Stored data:
········
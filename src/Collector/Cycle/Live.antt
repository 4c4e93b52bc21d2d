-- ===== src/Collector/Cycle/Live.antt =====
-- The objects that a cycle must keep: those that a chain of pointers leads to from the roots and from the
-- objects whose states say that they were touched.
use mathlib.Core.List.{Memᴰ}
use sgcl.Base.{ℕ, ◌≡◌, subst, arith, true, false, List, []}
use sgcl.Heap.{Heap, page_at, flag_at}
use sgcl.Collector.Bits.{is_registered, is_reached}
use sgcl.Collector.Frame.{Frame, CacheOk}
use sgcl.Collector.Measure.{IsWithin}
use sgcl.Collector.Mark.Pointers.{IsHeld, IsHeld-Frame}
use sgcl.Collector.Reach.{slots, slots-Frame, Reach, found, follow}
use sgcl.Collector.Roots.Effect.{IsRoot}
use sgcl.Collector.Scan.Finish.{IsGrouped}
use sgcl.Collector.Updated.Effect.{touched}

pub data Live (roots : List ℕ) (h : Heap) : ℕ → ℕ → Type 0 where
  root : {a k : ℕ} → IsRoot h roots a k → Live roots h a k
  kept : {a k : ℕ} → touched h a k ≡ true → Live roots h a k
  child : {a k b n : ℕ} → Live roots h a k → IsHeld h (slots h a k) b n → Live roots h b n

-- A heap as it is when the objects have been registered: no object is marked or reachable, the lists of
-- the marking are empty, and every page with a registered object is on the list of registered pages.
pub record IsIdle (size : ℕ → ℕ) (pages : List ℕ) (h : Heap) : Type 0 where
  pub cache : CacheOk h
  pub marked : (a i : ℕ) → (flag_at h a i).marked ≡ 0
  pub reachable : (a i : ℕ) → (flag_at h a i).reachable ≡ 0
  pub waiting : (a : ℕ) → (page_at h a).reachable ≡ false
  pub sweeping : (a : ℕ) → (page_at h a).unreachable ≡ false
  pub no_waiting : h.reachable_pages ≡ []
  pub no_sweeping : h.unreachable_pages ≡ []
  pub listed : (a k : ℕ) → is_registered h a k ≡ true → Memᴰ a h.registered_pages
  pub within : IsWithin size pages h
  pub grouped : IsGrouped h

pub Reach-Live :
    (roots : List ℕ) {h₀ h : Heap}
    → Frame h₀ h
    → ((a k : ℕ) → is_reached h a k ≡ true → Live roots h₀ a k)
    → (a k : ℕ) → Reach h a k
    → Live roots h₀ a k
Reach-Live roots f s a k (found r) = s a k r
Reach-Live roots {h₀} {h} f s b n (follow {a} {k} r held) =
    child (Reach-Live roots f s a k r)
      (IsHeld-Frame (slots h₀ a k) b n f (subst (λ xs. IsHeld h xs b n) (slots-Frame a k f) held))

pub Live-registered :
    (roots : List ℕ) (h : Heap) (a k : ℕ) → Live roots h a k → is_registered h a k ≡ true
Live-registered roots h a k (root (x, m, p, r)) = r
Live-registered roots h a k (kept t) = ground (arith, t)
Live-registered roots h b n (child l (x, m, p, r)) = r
········
The lines above, from the start of the records through the one containing "k → Live roots h a k", are to be printed exactly, and nothing else is to be included.

TASK RESPONSE:
filename src/Collector/Cycle/Live.antt
repository 4c4e93b52bc21d2d
-- ===== src/Collector/Cycle/Live.antt =====
-- The objects that a cycle must keep: those that a chain of pointers leads to from the roots and from the
-- objects whose states say that they were touched.
use mathlib.Core.List.{Memᴰ}
use sgcl.Base.{ℕ, ◌≡◌, subst, arith, true, false, List, []}
use sgcl.Heap.{Heap, page_at, flag_at}
use sgcl.Collector.Bits.{is_registered, is_reached}
use sgcl.Collector.Frame.{Frame, CacheOk}
use sgcl.Collector.Measure.{IsWithin}
use sgcl.Collector.Mark.Pointers.{IsHeld, IsHeld-Frame}
use sgcl.Collector.Reach.{slots, slots-Frame, Reach, found, follow}
use sgcl.Collector.Roots.Effect.{IsRoot}
use sgcl.Collector.Scan.Finish.{IsGrouped}
use sgcl.Collector.Updated.Effect.{touched}

pub data Live (roots : List ℕ) (h : Heap) : ℕ → ℕ → Type 0 where
  root : {a k : ℕ} → IsRoot h roots a k → Live roots h a k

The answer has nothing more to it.